Stored data
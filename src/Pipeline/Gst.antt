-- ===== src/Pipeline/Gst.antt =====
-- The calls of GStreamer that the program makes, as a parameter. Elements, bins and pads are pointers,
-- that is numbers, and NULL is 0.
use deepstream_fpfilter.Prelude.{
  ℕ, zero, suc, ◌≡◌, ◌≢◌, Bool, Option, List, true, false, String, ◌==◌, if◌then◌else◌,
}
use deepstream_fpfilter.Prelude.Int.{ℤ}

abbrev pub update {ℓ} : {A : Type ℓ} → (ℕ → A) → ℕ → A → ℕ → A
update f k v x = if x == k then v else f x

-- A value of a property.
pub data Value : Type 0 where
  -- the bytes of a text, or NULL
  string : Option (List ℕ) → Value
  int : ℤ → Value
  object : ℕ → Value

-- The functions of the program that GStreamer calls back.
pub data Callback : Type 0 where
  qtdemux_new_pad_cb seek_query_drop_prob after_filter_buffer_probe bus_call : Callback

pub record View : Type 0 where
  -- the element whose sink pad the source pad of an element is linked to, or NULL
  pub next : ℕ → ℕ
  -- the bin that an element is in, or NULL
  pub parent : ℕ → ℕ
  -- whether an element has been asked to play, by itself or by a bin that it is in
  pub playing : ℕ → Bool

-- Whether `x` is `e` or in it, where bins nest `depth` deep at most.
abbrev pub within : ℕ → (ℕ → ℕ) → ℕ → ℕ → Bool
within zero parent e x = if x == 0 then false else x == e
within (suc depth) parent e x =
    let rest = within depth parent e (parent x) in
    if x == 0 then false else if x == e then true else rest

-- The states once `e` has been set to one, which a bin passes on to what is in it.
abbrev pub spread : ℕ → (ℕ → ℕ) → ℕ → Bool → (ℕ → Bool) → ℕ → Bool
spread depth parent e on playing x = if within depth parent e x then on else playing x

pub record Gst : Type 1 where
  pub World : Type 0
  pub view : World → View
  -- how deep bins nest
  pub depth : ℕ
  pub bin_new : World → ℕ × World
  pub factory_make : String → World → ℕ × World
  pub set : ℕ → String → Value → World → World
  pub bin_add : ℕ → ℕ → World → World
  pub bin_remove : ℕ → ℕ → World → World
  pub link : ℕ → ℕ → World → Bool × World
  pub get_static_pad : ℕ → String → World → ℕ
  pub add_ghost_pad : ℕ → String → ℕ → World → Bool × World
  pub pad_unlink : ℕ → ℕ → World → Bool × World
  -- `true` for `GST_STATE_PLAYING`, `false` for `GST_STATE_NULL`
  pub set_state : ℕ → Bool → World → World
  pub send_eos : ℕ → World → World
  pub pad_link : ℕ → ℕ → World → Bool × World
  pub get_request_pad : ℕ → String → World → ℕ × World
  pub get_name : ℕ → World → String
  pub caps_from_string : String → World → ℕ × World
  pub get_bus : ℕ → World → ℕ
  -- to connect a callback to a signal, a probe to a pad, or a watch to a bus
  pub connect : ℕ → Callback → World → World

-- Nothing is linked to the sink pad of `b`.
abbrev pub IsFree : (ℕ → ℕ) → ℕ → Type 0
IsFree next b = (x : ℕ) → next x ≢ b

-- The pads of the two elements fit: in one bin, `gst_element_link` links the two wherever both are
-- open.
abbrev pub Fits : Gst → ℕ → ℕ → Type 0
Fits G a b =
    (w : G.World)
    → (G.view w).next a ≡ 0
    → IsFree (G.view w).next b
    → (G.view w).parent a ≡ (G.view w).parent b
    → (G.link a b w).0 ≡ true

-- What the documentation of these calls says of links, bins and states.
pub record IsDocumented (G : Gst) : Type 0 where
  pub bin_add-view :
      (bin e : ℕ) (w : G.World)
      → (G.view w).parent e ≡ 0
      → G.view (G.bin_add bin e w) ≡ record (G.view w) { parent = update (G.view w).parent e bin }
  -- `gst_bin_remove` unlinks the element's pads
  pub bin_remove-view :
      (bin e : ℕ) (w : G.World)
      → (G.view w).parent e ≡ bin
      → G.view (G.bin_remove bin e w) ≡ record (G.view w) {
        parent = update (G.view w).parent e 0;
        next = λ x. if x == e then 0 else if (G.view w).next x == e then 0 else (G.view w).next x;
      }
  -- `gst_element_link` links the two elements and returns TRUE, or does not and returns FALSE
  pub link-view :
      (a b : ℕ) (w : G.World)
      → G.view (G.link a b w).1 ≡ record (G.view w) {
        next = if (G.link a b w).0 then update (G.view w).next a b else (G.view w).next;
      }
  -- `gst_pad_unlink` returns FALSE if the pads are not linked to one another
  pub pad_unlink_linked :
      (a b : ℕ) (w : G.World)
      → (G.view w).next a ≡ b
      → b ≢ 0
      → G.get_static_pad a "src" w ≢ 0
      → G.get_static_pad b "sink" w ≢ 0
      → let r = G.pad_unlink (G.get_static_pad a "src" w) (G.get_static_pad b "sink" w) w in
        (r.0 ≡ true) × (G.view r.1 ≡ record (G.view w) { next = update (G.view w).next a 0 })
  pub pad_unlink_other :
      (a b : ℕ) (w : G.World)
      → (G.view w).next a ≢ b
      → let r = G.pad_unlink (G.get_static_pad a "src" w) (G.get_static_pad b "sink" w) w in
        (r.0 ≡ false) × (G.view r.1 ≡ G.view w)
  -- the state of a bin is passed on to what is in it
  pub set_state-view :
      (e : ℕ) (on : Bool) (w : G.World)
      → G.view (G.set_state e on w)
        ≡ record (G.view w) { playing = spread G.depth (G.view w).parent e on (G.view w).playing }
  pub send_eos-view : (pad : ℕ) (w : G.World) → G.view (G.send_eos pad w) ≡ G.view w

---

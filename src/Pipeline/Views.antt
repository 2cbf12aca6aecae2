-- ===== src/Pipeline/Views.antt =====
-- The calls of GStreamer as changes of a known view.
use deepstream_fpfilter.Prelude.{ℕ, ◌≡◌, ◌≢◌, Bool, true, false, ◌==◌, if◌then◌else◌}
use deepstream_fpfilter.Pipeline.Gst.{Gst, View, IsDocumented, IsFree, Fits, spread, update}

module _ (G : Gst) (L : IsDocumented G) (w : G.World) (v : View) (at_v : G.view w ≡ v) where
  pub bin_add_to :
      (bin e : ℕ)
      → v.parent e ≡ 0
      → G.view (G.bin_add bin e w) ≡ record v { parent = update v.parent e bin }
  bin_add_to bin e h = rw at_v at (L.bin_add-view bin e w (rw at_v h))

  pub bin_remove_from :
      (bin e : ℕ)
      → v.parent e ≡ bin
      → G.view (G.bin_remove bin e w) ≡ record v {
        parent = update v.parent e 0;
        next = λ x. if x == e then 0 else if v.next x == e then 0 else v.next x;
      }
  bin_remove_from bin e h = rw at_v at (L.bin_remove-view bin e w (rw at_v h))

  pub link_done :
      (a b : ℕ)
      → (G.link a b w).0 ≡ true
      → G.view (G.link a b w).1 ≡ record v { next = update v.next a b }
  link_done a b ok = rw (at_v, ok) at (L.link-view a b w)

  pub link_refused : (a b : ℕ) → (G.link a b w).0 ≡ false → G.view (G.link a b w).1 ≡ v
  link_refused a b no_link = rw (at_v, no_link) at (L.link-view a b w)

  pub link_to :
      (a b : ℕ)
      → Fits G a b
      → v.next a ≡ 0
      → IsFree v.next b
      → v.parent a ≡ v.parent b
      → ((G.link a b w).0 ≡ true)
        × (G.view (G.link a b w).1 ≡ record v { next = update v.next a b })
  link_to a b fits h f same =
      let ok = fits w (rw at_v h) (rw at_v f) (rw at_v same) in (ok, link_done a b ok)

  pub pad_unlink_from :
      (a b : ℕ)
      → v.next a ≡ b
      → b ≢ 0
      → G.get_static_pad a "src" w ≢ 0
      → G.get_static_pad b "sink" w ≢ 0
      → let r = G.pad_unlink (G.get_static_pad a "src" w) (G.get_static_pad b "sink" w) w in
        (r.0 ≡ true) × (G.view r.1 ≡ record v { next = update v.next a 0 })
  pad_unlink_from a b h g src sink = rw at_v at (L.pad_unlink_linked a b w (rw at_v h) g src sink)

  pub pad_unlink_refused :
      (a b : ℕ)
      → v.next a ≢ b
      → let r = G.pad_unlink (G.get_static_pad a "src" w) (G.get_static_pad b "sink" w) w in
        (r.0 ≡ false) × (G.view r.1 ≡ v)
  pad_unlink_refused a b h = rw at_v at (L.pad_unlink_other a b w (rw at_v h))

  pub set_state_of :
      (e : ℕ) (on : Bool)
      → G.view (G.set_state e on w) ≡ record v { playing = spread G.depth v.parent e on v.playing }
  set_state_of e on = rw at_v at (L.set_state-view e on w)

The problem:
Look above for lines with the word "List" and copy them all.

Result for this task:
  ℕ, zero, suc, ◌≡◌, ◌≢◌, Bool, Option, List, true, false, String, ◌==◌, if◌then◌else◌,
  string : Option (List ℕ) → Value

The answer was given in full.